DATA EXTRACTS:

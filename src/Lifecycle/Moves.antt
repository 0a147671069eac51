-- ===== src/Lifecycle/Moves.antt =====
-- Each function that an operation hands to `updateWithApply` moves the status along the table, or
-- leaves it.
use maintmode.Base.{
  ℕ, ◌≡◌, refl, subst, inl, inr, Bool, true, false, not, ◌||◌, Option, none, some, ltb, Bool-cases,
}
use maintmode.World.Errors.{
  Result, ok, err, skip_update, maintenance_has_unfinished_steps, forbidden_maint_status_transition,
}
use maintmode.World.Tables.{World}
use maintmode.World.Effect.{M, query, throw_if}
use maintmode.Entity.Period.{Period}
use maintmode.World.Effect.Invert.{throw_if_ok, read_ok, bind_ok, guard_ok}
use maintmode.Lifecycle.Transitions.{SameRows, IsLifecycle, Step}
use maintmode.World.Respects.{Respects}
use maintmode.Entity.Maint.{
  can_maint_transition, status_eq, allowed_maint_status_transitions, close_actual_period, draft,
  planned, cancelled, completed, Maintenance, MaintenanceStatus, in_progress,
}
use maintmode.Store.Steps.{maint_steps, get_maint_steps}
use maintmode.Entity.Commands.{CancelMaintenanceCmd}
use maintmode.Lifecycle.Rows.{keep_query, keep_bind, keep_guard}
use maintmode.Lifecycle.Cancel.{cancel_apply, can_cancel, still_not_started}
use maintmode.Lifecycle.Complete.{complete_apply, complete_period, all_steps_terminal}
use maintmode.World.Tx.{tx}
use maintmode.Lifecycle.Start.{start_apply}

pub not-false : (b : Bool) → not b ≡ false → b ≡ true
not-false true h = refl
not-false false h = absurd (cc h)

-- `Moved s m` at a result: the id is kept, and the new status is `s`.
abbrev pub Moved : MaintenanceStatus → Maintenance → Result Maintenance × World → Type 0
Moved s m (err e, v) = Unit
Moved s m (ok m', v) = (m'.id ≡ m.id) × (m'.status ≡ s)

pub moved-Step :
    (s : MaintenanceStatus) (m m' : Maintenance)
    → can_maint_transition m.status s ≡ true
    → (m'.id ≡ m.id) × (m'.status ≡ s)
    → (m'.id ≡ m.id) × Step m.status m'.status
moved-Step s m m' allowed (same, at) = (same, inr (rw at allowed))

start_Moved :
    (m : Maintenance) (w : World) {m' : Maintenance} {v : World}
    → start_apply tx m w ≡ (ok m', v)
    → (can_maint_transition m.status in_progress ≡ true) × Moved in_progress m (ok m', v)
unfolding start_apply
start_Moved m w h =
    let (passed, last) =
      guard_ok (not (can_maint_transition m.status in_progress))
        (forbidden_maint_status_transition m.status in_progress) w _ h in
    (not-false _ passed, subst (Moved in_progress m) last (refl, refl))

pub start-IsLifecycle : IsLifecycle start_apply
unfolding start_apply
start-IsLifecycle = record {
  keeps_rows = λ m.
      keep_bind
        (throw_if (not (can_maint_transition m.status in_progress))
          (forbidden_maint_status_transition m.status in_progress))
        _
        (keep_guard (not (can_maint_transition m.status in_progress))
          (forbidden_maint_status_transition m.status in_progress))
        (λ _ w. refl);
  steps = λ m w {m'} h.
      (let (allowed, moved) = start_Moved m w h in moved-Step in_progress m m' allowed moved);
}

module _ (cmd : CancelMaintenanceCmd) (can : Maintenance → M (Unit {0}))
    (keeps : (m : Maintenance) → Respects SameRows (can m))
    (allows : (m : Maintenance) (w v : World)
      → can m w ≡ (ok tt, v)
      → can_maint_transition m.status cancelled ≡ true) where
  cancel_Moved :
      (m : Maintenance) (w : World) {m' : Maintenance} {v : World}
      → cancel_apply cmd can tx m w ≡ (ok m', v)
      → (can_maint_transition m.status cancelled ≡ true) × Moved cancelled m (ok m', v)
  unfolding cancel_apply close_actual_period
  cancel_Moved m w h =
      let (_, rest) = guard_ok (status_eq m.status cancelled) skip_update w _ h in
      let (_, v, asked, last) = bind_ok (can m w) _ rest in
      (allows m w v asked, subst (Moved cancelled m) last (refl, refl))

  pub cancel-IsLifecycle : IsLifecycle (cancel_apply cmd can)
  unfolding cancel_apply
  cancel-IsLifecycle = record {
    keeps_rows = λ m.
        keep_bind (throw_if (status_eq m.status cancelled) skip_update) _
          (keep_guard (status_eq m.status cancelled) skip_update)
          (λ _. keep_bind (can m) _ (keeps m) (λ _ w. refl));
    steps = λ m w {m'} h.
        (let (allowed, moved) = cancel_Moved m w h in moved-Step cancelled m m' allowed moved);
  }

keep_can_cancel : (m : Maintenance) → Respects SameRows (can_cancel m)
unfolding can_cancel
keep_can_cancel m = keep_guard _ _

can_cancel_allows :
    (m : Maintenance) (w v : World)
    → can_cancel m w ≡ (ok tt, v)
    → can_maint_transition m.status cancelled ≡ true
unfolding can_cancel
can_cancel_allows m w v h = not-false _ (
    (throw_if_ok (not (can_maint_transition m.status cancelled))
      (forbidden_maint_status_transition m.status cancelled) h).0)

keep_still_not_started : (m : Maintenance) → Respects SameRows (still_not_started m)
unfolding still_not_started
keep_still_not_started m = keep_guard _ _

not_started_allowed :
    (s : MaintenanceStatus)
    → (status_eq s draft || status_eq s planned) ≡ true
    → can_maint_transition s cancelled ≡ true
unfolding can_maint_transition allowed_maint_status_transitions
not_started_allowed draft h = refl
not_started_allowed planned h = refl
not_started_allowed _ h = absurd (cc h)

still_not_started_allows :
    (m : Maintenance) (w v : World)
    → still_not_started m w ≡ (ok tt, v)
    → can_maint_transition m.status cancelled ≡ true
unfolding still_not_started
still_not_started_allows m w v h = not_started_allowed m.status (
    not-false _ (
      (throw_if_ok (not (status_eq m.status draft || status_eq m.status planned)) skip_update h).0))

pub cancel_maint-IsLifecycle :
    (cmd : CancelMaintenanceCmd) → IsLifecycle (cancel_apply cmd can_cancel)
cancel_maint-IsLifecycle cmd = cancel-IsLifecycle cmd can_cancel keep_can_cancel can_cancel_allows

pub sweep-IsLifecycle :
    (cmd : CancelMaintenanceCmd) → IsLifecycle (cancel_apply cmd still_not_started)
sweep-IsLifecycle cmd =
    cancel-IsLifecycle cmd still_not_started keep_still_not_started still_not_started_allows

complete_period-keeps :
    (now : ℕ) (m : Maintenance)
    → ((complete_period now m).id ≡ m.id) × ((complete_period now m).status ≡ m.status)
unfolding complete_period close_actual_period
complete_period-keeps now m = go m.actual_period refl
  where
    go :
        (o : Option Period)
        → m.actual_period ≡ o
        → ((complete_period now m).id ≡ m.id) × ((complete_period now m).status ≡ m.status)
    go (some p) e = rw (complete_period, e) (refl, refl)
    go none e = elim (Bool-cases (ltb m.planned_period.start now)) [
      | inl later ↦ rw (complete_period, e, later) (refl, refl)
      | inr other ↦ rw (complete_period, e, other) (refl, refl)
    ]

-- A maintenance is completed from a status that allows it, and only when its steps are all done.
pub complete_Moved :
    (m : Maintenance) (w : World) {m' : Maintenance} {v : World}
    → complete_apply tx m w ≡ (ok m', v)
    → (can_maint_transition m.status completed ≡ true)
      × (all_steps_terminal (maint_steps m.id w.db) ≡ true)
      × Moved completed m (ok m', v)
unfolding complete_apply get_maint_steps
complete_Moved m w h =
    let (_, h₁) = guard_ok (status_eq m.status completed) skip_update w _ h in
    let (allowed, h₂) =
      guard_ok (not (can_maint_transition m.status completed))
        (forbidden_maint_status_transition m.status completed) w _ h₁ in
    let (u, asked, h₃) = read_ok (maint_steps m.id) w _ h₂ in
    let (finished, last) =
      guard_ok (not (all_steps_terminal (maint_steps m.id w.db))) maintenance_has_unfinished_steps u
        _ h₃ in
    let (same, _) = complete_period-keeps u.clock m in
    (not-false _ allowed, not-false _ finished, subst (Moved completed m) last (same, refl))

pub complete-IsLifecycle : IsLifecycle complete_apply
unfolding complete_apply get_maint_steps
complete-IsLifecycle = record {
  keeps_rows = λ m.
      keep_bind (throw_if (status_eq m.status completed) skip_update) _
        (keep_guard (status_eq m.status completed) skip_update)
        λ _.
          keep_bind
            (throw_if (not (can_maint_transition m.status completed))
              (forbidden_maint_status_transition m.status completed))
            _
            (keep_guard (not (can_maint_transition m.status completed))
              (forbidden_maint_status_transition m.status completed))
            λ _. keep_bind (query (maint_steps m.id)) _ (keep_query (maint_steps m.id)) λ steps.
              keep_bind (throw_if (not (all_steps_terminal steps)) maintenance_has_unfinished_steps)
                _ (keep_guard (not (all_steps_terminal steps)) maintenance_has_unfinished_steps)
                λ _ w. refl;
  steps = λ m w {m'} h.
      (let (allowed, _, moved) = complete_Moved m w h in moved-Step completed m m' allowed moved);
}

WHAT IS EXPECTED:
Using the material above, transcribe exactly the lines from the line with "can_cancel_allows m w" to the line with "can_maint_transition s cancelled ≡ true"; both count, and nothing else goes in.

EXERCISE OUTPUT:
can_cancel_allows m w v h = not-false _ (
    (throw_if_ok (not (can_maint_transition m.status cancelled))
      (forbidden_maint_status_transition m.status cancelled) h).0)

keep_still_not_started : (m : Maintenance) → Respects SameRows (still_not_started m)
unfolding still_not_started
keep_still_not_started m = keep_guard _ _

not_started_allowed :
    (s : MaintenanceStatus)
    → (status_eq s draft || status_eq s planned) ≡ true
    → can_maint_transition s cancelled ≡ true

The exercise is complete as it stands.